(Stored data)
--- START ---

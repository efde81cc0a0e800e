-- ===== src/Constructors.antt =====
-- Constructs that are not standard, and constructors: build_support/cpplint.py,
-- `CheckForNonStandardConstructs`.
pub mod Arguments
pub mod Constructs
use nwtool.Base.{
  leb, ◌==◌, if◌then◌else◌, length, get_or, drop, Text, txt, text_eq, starts_with, strip, split,
  contains, ℕ, zero, suc, ◌-◌, Bool, true, false, not, ◌&&◌, ◌||◌, Option, none, some, List, [],
  ◌∷◌, ◌++◌,
}
use nwtool.Report.{Report, report}
use nwtool.Regex.{match, matches, searches}
use nwtool.Cleanse.{CleansedLines}
use nwtool.Cleanse.Strings.{group_text}
use nwtool.Nesting.Blocks.{Kind, class_block, NestingState, innermost_class}
use Arguments.{collapse_arguments}
use Constructs.{check_constructs}

-- `name.split('::')[-1]`; the number says how much to skip.
last_part : ℕ → Text → Text → Text
last_part skip [] best = best
last_part (suc skip) (c ∷ s) best = last_part skip s best
last_part zero (c ∷ s) best =
    let here = starts_with (c ∷ s) (txt "::") in
    last_part (if here then 1 else 0) s (if here then drop 1 s else best)

unfoldable pub base_classname : Text → Text
unfolding last_part starts_with
base_classname name = last_part 0 name name

abbrev with_text : Text → List Text → List Text
with_text t [] = []
with_text t (a ∷ as') = (if contains a t then a ∷ [] else []) ++ with_text t as'

-- What the code asks of the arguments of a constructor.
pub record Shape : Type 0 where
  pub variadic_args : List Text
  pub defaulted_args : List Text
  pub noarg_constructor : Bool
  pub onearg_constructor : Bool

unfoldable pub shape : List Text → Shape
unfolding contains strip text_eq
shape args =
    let n = length args in
    let variadic = with_text (txt "&&...") args in
    let defaulted = with_text (txt "=") args in
    let noarg = n == 0 || (n == 1 && text_eq (strip (get_or args 0 [])) (txt "void")) in
    record {
      variadic_args = variadic;
      defaulted_args = defaulted;
      noarg_constructor = noarg;
      onearg_constructor =
          (n == 1 && not noarg)
          || (leb 1 n && not noarg && leb (n - 1) (length defaulted))
          || (leb n 2 && leb 1 (length variadic));
    }

-- The first argument makes it a constructor from an initializer list, or a copy constructor. A class
-- name is a word, of which `re.escape` changes nothing.
unfoldable pub is_conversion_exempt : Text → List Text → Bool
unfolding searches matches strip
is_conversion_exempt classname args =
    let first = get_or args 0 [] in
    searches (txt "\\bstd\\s*::\\s*initializer_list\\b") first
    || matches
        (txt "(const\\s+)?" ++ classname ++ txt "(\\s*<[^>]*>)?(\\s+const)?\\s*(?:<\\w+>\\s*)?&")
        (strip first)

abbrev no_text : List Text → Bool
no_text [] = true
no_text (a ∷ as') = false

-- The reports on a constructor with these collapsed arguments.
unfoldable pub check_explicit : ℕ → Text → Bool → List Text → List Report
unfolding shape is_conversion_exempt
check_explicit linenum classname is_marked_explicit args =
    let s = shape args in
    if not is_marked_explicit && s.onearg_constructor && not (is_conversion_exempt classname args)
    then report linenum (txt "runtime/explicit") 5 (
        if no_text s.defaulted_args && no_text s.variadic_args
        then txt "Single-parameter constructors should be marked explicit."
        else txt "Constructors callable with one argument " ++ txt "should be marked explicit.")
      ∷ []
    else if is_marked_explicit && not s.onearg_constructor && s.noarg_constructor
    then report linenum (txt "runtime/explicit") 5
        (txt "Zero-parameter constructors should not be marked explicit.")
      ∷ []
    else []

abbrev constructor_pattern : Text → Text
constructor_pattern classname =
    txt "\\s+(?:(?:inline|constexpr)\\s+)*(explicit\\s+)?"
    ++ txt "(?:(?:inline|constexpr)\\s+)*"
    ++ classname
    ++ txt "\\s*\\(((?:[^()]|\\([^()]*\\))*)\\)"

-- The part on constructors, on a line of the class; `none` is an IndexError.
unfoldable pub check_constructor : ℕ → Text → Text → Option (List Report)
unfolding match group_text collapse_arguments check_explicit text_eq split
check_constructor linenum classname line = elim (match (constructor_pattern classname) line) [
  | none ↦ some []
  | some m ↦
      let arguments = group_text 2 m in
      let split_args = if text_eq arguments [] then [] else split b',' arguments in
      elim (collapse_arguments split_args) [
        | none ↦ none
        | some args ↦
            some (check_explicit linenum classname (not (text_eq (group_text 1 m) [])) args)
      ]
]

abbrev class_name : Kind → Text
class_name (class_block c) = c.name
class_name _ = []

-- `CheckForNonStandardConstructs`; `none` is an IndexError.
unfoldable pub check_for_non_standard_constructs :
    CleansedLines → ℕ → NestingState → Option (List Report)
unfolding check_constructs innermost_class check_constructor base_classname
check_for_non_standard_constructs clean linenum s =
    let reports = check_constructs clean linenum in
    elim (innermost_class s.stack) [
      | none ↦ some reports
      | some classinfo ↦
          if not classinfo.seen_open_brace
          then some reports
          else (elim (check_constructor linenum (base_classname (class_name classinfo.kind))
              (get_or clean.elided linenum [])) [
                | none ↦ none
                | some more ↦ some (reports ++ more)
              ])
    ]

--- END ---

TASK OBJECTIVE: Your task is to retype all the records above with nothing left out.

ANSWER AREA:
repository efde81cc0a0e800e
-- ===== src/Constructors.antt =====
-- Constructs that are not standard, and constructors: build_support/cpplint.py,
-- `CheckForNonStandardConstructs`.
pub mod Arguments
pub mod Constructs
use nwtool.Base.{
  leb, ◌==◌, if◌then◌else◌, length, get_or, drop, Text, txt, text_eq, starts_with, strip, split,
  contains, ℕ, zero, suc, ◌-◌, Bool, true, false, not, ◌&&◌, ◌||◌, Option, none, some, List, [],
  ◌∷◌, ◌++◌,
}
use nwtool.Report.{Report, report}
use nwtool.Regex.{match, matches, searches}
use nwtool.Cleanse.{CleansedLines}
use nwtool.Cleanse.Strings.{group_text}
use nwtool.Nesting.Blocks.{Kind, class_block, NestingState, innermost_class}
use Arguments.{collapse_arguments}
use Constructs.{check_constructs}

-- `name.split('::')[-1]`; the number says how much to skip.
last_part : ℕ → Text → Text → Text
last_part skip [] best = best
last_part (suc skip) (c ∷ s) best = last_part skip s best
last_part zero (c ∷ s) best =
    let here = starts_with (c ∷ s) (txt "::") in
    last_part (if here then 1 else 0) s (if here then drop 1 s else best)

unfoldable pub base_classname : Text → Text
unfolding last_part starts_with
base_classname name = last_part 0 name name

abbrev with_text : Text → List Text → List Text
with_text t [] = []
with_text t (a ∷ as') = (if contains a t then a ∷ [] else []) ++ with_text t as'

-- What the code asks of the arguments of a constructor.
pub record Shape : Type 0 where
  pub variadic_args : List Text
  pub defaulted_args : List Text
  pub noarg_constructor : Bool
  pub onearg_constructor : Bool

unfoldable pub shape : List Text → Shape
unfolding contains strip text_eq
shape args =
    let n = length args in
    let variadic = with_text (txt "&&...") args in
    let defaulted = with_text (txt "=") args in
    let noarg = n == 0 || (n == 1 && text_eq (strip (get_or args 0 [])) (txt "void")) in
    record {
      variadic_args = variadic;
      defaulted_args = defaulted;
      noarg_constructor = noarg;
      onearg_constructor =
          (n == 1 && not noarg)
          || (leb 1 n && not noarg && leb (n - 1) (length defaulted))
          || (leb n 2 && leb 1 (length variadic));
    }

-- The first argument makes it a constructor from an initializer list, or a copy constructor. A class
-- name is a word, of which `re.escape` changes nothing.
unfoldable pub is_conversion_exempt : Text → List Text → Bool
unfolding searches matches strip
is_conversion_exempt classname args =
    let first = get_or args 0 [] in
    searches (txt "\\bstd\\s*::\\s*initializer_list\\b") first
    || matches
        (txt "(const\\s+)?" ++ classname ++ txt "(\\s*<[^>]*>)?(\\s+const)?\\s*(?:<\\w+>\\s*)?&")
        (strip first)

abbrev no_text : List Text → Bool
no_text [] = true
no_text (a ∷ as') = false

-- The reports on a constructor with these collapsed arguments.
unfoldable pub check_explicit : ℕ → Text → Bool → List Text → List Report
unfolding shape is_conversion_exempt
check_explicit linenum classname is_marked_explicit args =
    let s = shape args in
    if not is_marked_explicit && s.onearg_constructor && not (is_conversion_exempt classname args)
    then report linenum (txt "runtime/explicit") 5 (
        if no_text s.defaulted_args && no_text s.variadic_args
        then txt "Single-parameter constructors should be marked explicit."
        else txt "Constructors callable with one argument " ++ txt "should be marked explicit.")
      ∷ []
    else if is_marked_explicit && not s.onearg_constructor && s.noarg_constructor
    then report linenum (txt "runtime/explicit") 5
        (txt "Zero-parameter constructors should not be marked explicit.")
      ∷ []
    else []

abbrev constructor_pattern : Text → Text
constructor_pattern classname =
    txt "\\s+(?:(?:inline|constexpr)\\s+)*(explicit\\s+)?"
    ++ txt "(?:(?:inline|constexpr)\\s+)*"
    ++ classname
    ++ txt "\\s*\\(((?:[^()]|\\([^()]*\\))*)\\)"

-- The part on constructors, on a line of the class; `none` is an IndexError.
unfoldable pub check_constructor : ℕ → Text → Text → Option (List Report)
unfolding match group_text collapse_arguments check_explicit text_eq split
check_constructor linenum classname line = elim (match (constructor_pattern classname) line) [
  | none ↦ some []
  | some m ↦
      let arguments = group_text 2 m in
      let split_args = if text_eq arguments [] then [] else split b',' arguments in
      elim (collapse_arguments split_args) [
        | none ↦ none
        | some args ↦
            some (check_explicit linenum classname (not (text_eq (group_text 1 m) [])) args)
      ]
]

abbrev class_name : Kind → Text
class_name (class_block c) = c.name
class_name _ = []

-- `CheckForNonStandardConstructs`; `none` is an IndexError.
unfoldable pub check_for_non_standard_constructs :
    CleansedLines → ℕ → NestingState → Option (List Report)
unfolding check_constructs innermost_class check_constructor base_classname
check_for_non_standard_constructs clean linenum s =
    let reports = check_constructs clean linenum in
    elim (innermost_class s.stack) [
      | none ↦ some reports
      | some classinfo ↦
          if not classinfo.seen_open_brace
          then some reports
          else (elim (check_constructor linenum (base_classname (class_name classinfo.kind))
              (get_or clean.elided linenum [])) [
                | none ↦ none
                | some more ↦ some (reports ++ more)
              ])
    ]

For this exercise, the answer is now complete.